In order to solve for the probabilities, we also need to use the fact that Player 2's probabilities sum to 1. For example, $P_2(H)+P_2(T)=1\text{.}$ For a $2 \times 2$ game, you now have 2 equations with 2 unknowns ($P_2(H)$ and $P_2(T)$). Use an algebraic method such as substitution or elimination to solve the system of equations.

Using the equations from Exercise 3.4.12 and Exercise 3.4.13, solve for $P_2(H)$ and $P_2(T)\text{.}$ You now have the equilibrium mixed strategy for Player 2. Does this match the mixed strategy you determined in Exercise 3.4.4?

Now can you use a similar process to find Player 1's strategy? Whose expected values should you use? Whose probabliities?

Set up and solve the analogous equations from Exercise 3.4.12 and Exercise 3.4.13 for Player 1. Does this match the mixed strategy from Exercise 3.4.4?

Hint

We should have an equation for $E_2(H)$ and one for $E_2(T)\text{.}$ Since we are looking for the probabilities of each of Player 1's options, the equations should involve $P_1(H)$ and $P_1(T)\text{.}$

We now have a new method for finding the best mixed strategies for Players 1 and 2, assuming that each player is playing defensively against an ideal player. But how can we find the value of the game? For Player 2, we assumed $E_1(H)=E_1(T)\text{.}$ In other words, we found the situation in which Player 1's expected value is the same no matter which pure strategy she plays. Thus, Player 1 is indifferent to which pure strategy she plays. If she were not indifferent, then she would play the strategy with a higher expected value. But, as we saw, this would be bad for Player 2. So Player 1 can assume that Player 2 will play the equilibrium mixed strategy. Thus, as long as Player 1 plays a mixed strategy, it doesn't matter whether at any given time, she plays H or T (this is the idea that she is indifferent to them). Hence, the expected value of the game for Player 1 is the same as $E_1(H)\text{,}$ which is the same as $E_1(T)\text{.}$ Similarly, we find that the expected value of the game for Player 2 is $E_2(H)$ (or $E_2(T)$). This is a pretty complicated idea. You may need to think about it for a while.
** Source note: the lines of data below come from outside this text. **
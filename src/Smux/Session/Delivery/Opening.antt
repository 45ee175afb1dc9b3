-- ===== src/Smux/Session/Delivery/Opening.antt =====
-- A stream that the other side opens, and the bytes of its first Write.
use revese_server.Base.{
  refl, length, List, ℕ, ◌<◌, ◌++◌, ◌≡◌, [], ◌∷◌, some, none, false, true, suc, arith, All, IsByte,
  append_assoc,
}
use revese_server.Base.Maps.{lookup, insert, lookup-insert}
use revese_server.Smux.Frame.{
  Frame, IsFrame, new_frame, cmd_syn, cmd_psh, header_bytes, wire_bytes, read_frame, frame,
}
use revese_server.Smux.Frame.RoundTrip.{read_frame-frame_bytes, frame_bytes-eq}
use revese_server.Smux.Stream.{Stream, new_stream, split}
use revese_server.Smux.Session.{Session, Env, alloc_stream}
use revese_server.Smux.Session.Recv.{
  next, handled, handle_frame, handle_syn, offer_accept, recv_round, recv_rounds,
}
use revese_server.Smux.Session.Delivery.Wire.{write_delivers}

-- The session has made a stream under the id, which waits for AcceptStream.
record Offered (s : Session) (sid : ℕ) (t : Session) : Type 0 where
  there : lookup sid t.streams ≡ some s.next_ptr
  empty : (t.objects s.next_ptr).buffer ≡ []
  waits : t.ch_accepts ≡ s.ch_accepts ++ (s.next_ptr ∷ [])
  bucket : t.bucket ≡ s.bucket

abbrev with_offer : Env → Session → ℕ → Session
with_offer env s sid = record (alloc_stream env (record s { data_ready = true }) sid) {
  streams = insert sid s.next_ptr s.streams;
  ch_accepts = s.ch_accepts ++ (s.next_ptr ∷ []);
}

with-Offered : (env : Env) (s : Session) (sid : ℕ) → Offered s sid (with_offer env s sid)
unfolding alloc_stream new_stream
with-Offered env s sid = record {
  there = ground (arith, lookup-insert s.streams sid sid s.next_ptr);
  empty = ground arith;
  waits = refl;
  bucket = refl;
}

syn-handled :
    (env : Env) (s : Session) (sid : ℕ)
    → lookup sid s.streams ≡ none
    → s.die ≡ false
    → length s.ch_accepts < 1024
    → handle_frame env s (new_frame cmd_syn sid) ≡ next (with_offer env s sid)
unfolding handle_frame handle_syn offer_accept alloc_stream new_frame
syn-handled env s sid l d h = ground (arith, l, d, h)

pub syn-IsFrame : (sid : ℕ) → sid < 4294967296 → IsFrame (new_frame cmd_syn sid)
unfolding new_frame
syn-IsFrame sid h = record {
  ver_byte = omega arith;
  cmd_byte = omega arith;
  sid_word = omega (arith, h);
  data_bytes = tt;
}

syn-read :
    (sid : ℕ) (rest : List ℕ)
    → sid < 4294967296
    → read_frame ((header_bytes (new_frame cmd_syn sid) ++ []) ++ rest)
      ≡ frame (new_frame cmd_syn sid) rest
unfolding new_frame
syn-read sid rest h =
    read_frame-frame_bytes (new_frame cmd_syn sid) (header_bytes (new_frame cmd_syn sid) ++ []) rest
      refl (syn-IsFrame sid h) (omega arith) (frame_bytes-eq (new_frame cmd_syn sid) (omega arith))

syn-round :
    (env : Env) (s : Session) (sid : ℕ) (rest : List ℕ)
    → sid < 4294967296
    → lookup sid s.streams ≡ none
    → s.die ≡ false
    → length s.ch_accepts < 1024
    → 0 < s.bucket
    → s.bucket < 2147483648
    → recv_round env s ((header_bytes (new_frame cmd_syn sid) ++ []) ++ rest)
      ≡ handled (next (with_offer env s sid)) rest
unfolding recv_round
syn-round env s sid rest h l d room lo hi =
    ground (arith, syn-read sid rest h, syn-handled env s sid l d room)

syn-wire :
    (sid : ℕ) (fs : List Frame) (w : List ℕ)
    → wire_bytes fs ≡ some w
    → wire_bytes (new_frame cmd_syn sid ∷ fs)
      ≡ some ((header_bytes (new_frame cmd_syn sid) ++ []) ++ w)
unfolding wire_bytes new_frame
syn-wire sid fs w e = ground (arith, e, frame_bytes-eq (new_frame cmd_syn sid) (omega arith))

-- The SYN of OpenStream and the frames of a Write, read by the receive loop of a session that has no
-- such stream, room for it and tokens enough: the loop goes on with the bytes that follow, the stream
-- is there, and its buffer is exactly the data of the Write.
pub opened_delivers :
    (envs : ℕ → Env) (st : Stream) (s : Session) (bts rest : List ℕ)
    → 0 < st.frame_size
    → st.frame_size < 65528
    → All IsByte bts
    → st.id < 4294967296
    → lookup st.id s.streams ≡ none
    → s.die ≡ false
    → length s.ch_accepts < 1024
    → length bts < s.bucket
    → s.bucket < 2147483648
    → (w : List ℕ) × (t : Session) × (wire_bytes
          (new_frame cmd_syn st.id ∷ split st bts cmd_psh st.id)
        ≡ some w)
      × (recv_rounds (suc (length (split st bts cmd_psh st.id))) envs s (w ++ rest)
          ≡ handled (next t) rest)
      × (lookup st.id t.streams ≡ some s.next_ptr)
      × ((t.objects s.next_ptr).buffer ≡ bts)
unfolding recv_rounds
opened_delivers envs st s bts rest h0 h1 hb hs l d room lo hi =
    let n = length (split st bts cmd_psh st.id) in
    let s' = with_offer (envs n) s st.id in
    let o = with-Offered (envs n) s st.id in
    let (w, t, e, r, delivered) =
      write_delivers envs st s' st.id s.next_ptr bts rest h0 h1 hb hs o.there
        (omega (arith, o.bucket)) (omega (arith, o.bucket)) in
    let syn = header_bytes (new_frame cmd_syn st.id) ++ [] in
    let round = syn-round (envs n) s st.id (w ++ rest) hs l d room (omega arith) hi in
    (
      syn ++ w,
      t,
      syn-wire st.id (split st bts cmd_psh st.id) w e,
      ground (arith, round, r, append_assoc syn w rest),
      ground (arith, delivered.streams, o.there),
      ground (arith, delivered.buffer, o.empty),
    )
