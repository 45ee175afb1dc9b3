-- ===== src/Programs/Tunnel.antt =====
-- The way of a client's bytes from hub.go to client.go: OpenStream and Write on the hub's session, the
-- encryption, the connection, the decryption, and the receive loop of the client's session.
pub mod Sent
pub mod Ends
pub mod Streams
use revese_server.Base.{
  All-append, ap, suc, concat, length, sym, subst, append_assoc, ◌∙◌, ◌+◌, [], append-nil, ◌∷◌,
  ◌++◌, arith, IsByte, ◌<◌, All, ◌≡◌, ℕ, List, none, some, true, false, inl, inr,
}
use revese_server.Smux.Frame.{
  Frame, IsFrame, new_frame, cmd_syn, cmd_psh, frame_bytes, header_bytes, wire_bytes,
}
use revese_server.Smux.Frame.RoundTrip.{frame_bytes-eq}
use revese_server.Smux.Config.{Config}
use revese_server.Smux.Stream.{Stream, new_stream, split}
use revese_server.Smux.Stream.Split.{IsPiece, split_lem}
use revese_server.Smux.Session.{Session, Env, new_session, alloc_stream, write_frame}
use revese_server.Smux.Session.Open.{Error, open_stream, register, opened}
use revese_server.Smux.Session.Conn.{
  WaitChoice, FrameReply, answered, lost, not_taken, send_frames, write,
}
use revese_server.Smux.Session.Recv.{next, handled, recv_rounds}
use revese_server.Smux.Session.Delivery.Wire.{piece-IsFrame, wire_bytes-cons}
use revese_server.Smux.Session.Delivery.Opening.{syn-IsFrame, opened_delivers}
use revese_server.Streamcoder.Coder.{Cipher, Coder, writes, reads}
use revese_server.Streamcoder.Coder.Transfer.{same_stream_delivers}
use revese_server.Base.Int.{pos_part}
use revese_server.Base.Maps.{lookup}

header-IsByte : (f : Frame) → IsFrame f → All IsByte (header_bytes f)
header-IsByte f i = (
  i.ver_byte,
  (
    i.cmd_byte,
    (omega arith, (omega arith, (omega arith, (omega arith, (omega arith, (omega arith, tt)))))),
  ),
)

bytes-IsByte : (f : Frame) (b : List ℕ) → IsFrame f → frame_bytes f ≡ some b → All IsByte b
unfolding frame_bytes
bytes-IsByte f b i e =
    let whole : header_bytes f ++ f.payload ≡ b = ground (arith, e) in
    subst (λ x. All IsByte x) whole
      (All-append IsByte (header_bytes f) f.payload (header-IsByte f i) i.data_bytes)

pub wire-IsByte :
    (fs : List Frame) (w : List ℕ) → All IsFrame fs → wire_bytes fs ≡ some w → All IsByte w
unfolding wire_bytes
wire-IsByte [] w i e = subst (λ x. All IsByte x) {x = []} (ground (arith, e)) tt
wire-IsByte (f ∷ fs) w (i, is) e =
    let (b, bs, eb, ebs, ew) = wire_bytes-cons f fs w e in
    subst (λ x. All IsByte x) (sym ew)
      (All-append IsByte b bs (bytes-IsByte f b i eb) (wire-IsByte fs bs is ebs))

-- A Write that returns no error has handed every frame over.
send_frames-all :
    (s t : Session) (fs : List Frame) (rs : List FrameReply) (n m : ℕ)
    → send_frames s fs rs n ≡ some (t, m, none)
    → t.sent ≡ s.sent ++ fs
unfolding send_frames
send_frames-all s t [] rs n m q = ground (arith, append-nil s.sent)
send_frames-all s t (f ∷ fs) [] n m q = absurd (ground arith)
send_frames-all s t (f ∷ fs) (answered k true ∷ rs) n m q =
    let rest = send_frames-all (record s { sent = s.sent ++ (f ∷ []) }) t fs rs (n + k) m q in
    rest ∙ append_assoc s.sent (f ∷ []) fs
send_frames-all s t (f ∷ fs) (answered k false ∷ rs) n m q = absurd (ground arith)
send_frames-all s t (f ∷ fs) (lost e ∷ rs) n m q = absurd (ground arith)
send_frames-all s t (f ∷ fs) (not_taken e ∷ rs) n m q = absurd (ground arith)

-- The first stream that a new session opens.
pub record FirstStream (c : Config) (t : Session) (p : ℕ) : Type 0 where
  pub id : (t.objects p).id < 4294967296
  pub size : (t.objects p).frame_size ≡ pos_part c.max_frame_size
  pub live : (t.objects p).die ≡ false
  pub free : (t.objects p).fulflag ≡ false
  pub sent : t.sent ≡ new_frame cmd_syn (t.objects p).id ∷ []

pub open-FirstStream :
    (c : Config) (now : ℕ) (env : Env) (t : Session) (p : ℕ)
    → open_stream env (new_session c true now) ≡ (t, opened p)
    → FirstStream c t p
unfolding open_stream register new_session alloc_stream write_frame new_stream new_frame
open-FirstStream c now env t p q = record {
  id = ground arith;
  size = ground arith;
  live = ground arith;
  free = ground arith;
  sent = ground arith;
}

-- What the hub's session has handed to the send loop after a Write on its first stream.
pub first_write-sent :
    (c : Config) (t u : Session) (p n : ℕ) (bts : List ℕ) (w : WaitChoice) (rs : List FrameReply)
    → FirstStream c t p
    → write t p bts w rs ≡ some (u, n, none)
    → u.sent ≡ new_frame cmd_syn (t.objects p).id ∷ split (t.objects p) bts cmd_psh (t.objects p).id
unfolding write
first_write-sent c t u p n bts w rs f q = ground (
  arith,
  f.live,
  f.free,
  f.sent,
  send_frames-all t u (split (t.objects p) bts cmd_psh (t.objects p).id) rs 0 n,
)

pieces-IsFrame :
    (n sid : ℕ) (fs : List Frame)
    → sid < 4294967296
    → All (IsPiece n cmd_psh sid) fs
    → All IsFrame fs
pieces-IsFrame n sid [] h i = tt
pieces-IsFrame n sid (f ∷ fs) h (i, is) = (piece-IsFrame n sid f h i, pieces-IsFrame n sid fs h is)

-- The frames of the first stream are bytes.
first-IsByte :
    (st : Stream) (bts w : List ℕ)
    → 0 < st.frame_size
    → st.id < 4294967296
    → All IsByte bts
    → wire_bytes (new_frame cmd_syn st.id ∷ split st bts cmd_psh st.id) ≡ some w
    → All IsByte w
first-IsByte st bts w h hs hb e =
    wire-IsByte (new_frame cmd_syn st.id ∷ split st bts cmd_psh st.id) w
      (
        syn-IsFrame st.id hs,
        pieces-IsFrame st.frame_size st.id (split st bts cmd_psh st.id) hs
            (split_lem st bts cmd_psh st.id h hb).1,
      )
      e

module _ (cipher : Cipher) where
  -- What arrives at a new session of the other end.
  pub first_arrives :
      (a b : Coder cipher) (st : Stream) (s : Session) (envs : ℕ → Env) (bts : List ℕ)
      (ws rs : List (List ℕ))
      → a.enc ≡ b.dec
      → 0 < st.frame_size
      → st.frame_size < 65528
      → st.id < 4294967296
      → All IsByte bts
      → lookup st.id s.streams ≡ none
      → s.die ≡ false
      → length s.ch_accepts < 1024
      → length bts < s.bucket
      → s.bucket < 2147483648
      → wire_bytes (new_frame cmd_syn st.id ∷ split st bts cmd_psh st.id) ≡ some (concat ws)
      → concat rs ≡ (writes cipher a ws).1
      → (t : Session) × (recv_rounds
            (suc (length (split st bts cmd_psh st.id)))
            envs
            s
            (reads cipher b rs).1
          ≡ handled (next t) [])
        × (lookup st.id t.streams ≡ some s.next_ptr)
        × ((t.objects s.next_ptr).buffer ≡ bts)
  first_arrives a b st s envs bts ws rs dual h0 h1 hs hb l d room lo hi hw hr =
      let (w, t, e, r, there, got) = opened_delivers envs st s bts [] h0 h1 hb hs l d room lo hi in
      let same : concat ws ≡ w = ground (arith, e, hw) in
      let read : (reads cipher b rs).1 ≡ w ++ [] =
        same_stream_delivers cipher a b ws rs dual (first-IsByte st bts (concat ws) h0 hs hb hw) hr
        ∙ (same ∙ sym (append-nil w)) in
      (
        t,
        ap (λ i. recv_rounds (suc (length (split st bts cmd_psh st.id))) envs s i) read ∙ r,
        there,
        got,
      )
In the meantime, use the probabilities you found for each player and the equations for $E_1(H)$ and $E_2(H)$ to find the value of the game for each player.

Use the probabilities you calculated in Exercise 3.4.14 to find $E_1(H)\text{,}$ and hence the expected value of the game for Player 1. How does this compare to your prediction for the value of the game that you gave in Exercise 3.4.5?

Use the probabilities you calculated in Exercise 3.4.15 to find $E_2(H)\text{,}$ and hence the expected value of the game for Player 2. How does this compare to your prediction for the value of the game that you gave in Exercise 3.4.5?

Keep practicing with the expected value method on some other games!

Apply this method of using expected value to Example 3.1.1 (which we solved using the graphical method in the previous section) to find the equilibrium mixed strategies for each player and the value of the game for each player:

\begin{equation*} \left[\begin{matrix}1\amp 0\\ -1\amp 2 \end{matrix} \right]. \end{equation*}

As we noted in this section, this method can be used to solve bigger games. We just have more equations. Use the expected value method to find the equilibrium mixed strategy for Rock-Paper-Scissors for Player 2.

Hint

You will need to set $E_1(R)=E_1(P)$ and $E_1(P)=E_1(S)\text{;}$ solve for $P_2(R), P_2(P), P_2(S)\text{;}$ etc. It should be very similar to what you did for Matching Pennies, but there will be three equations and three unknowns.

If you found this last exercise to be algebraically arduous, don't worry, we will eventually use technology to help us solve problems with several variables.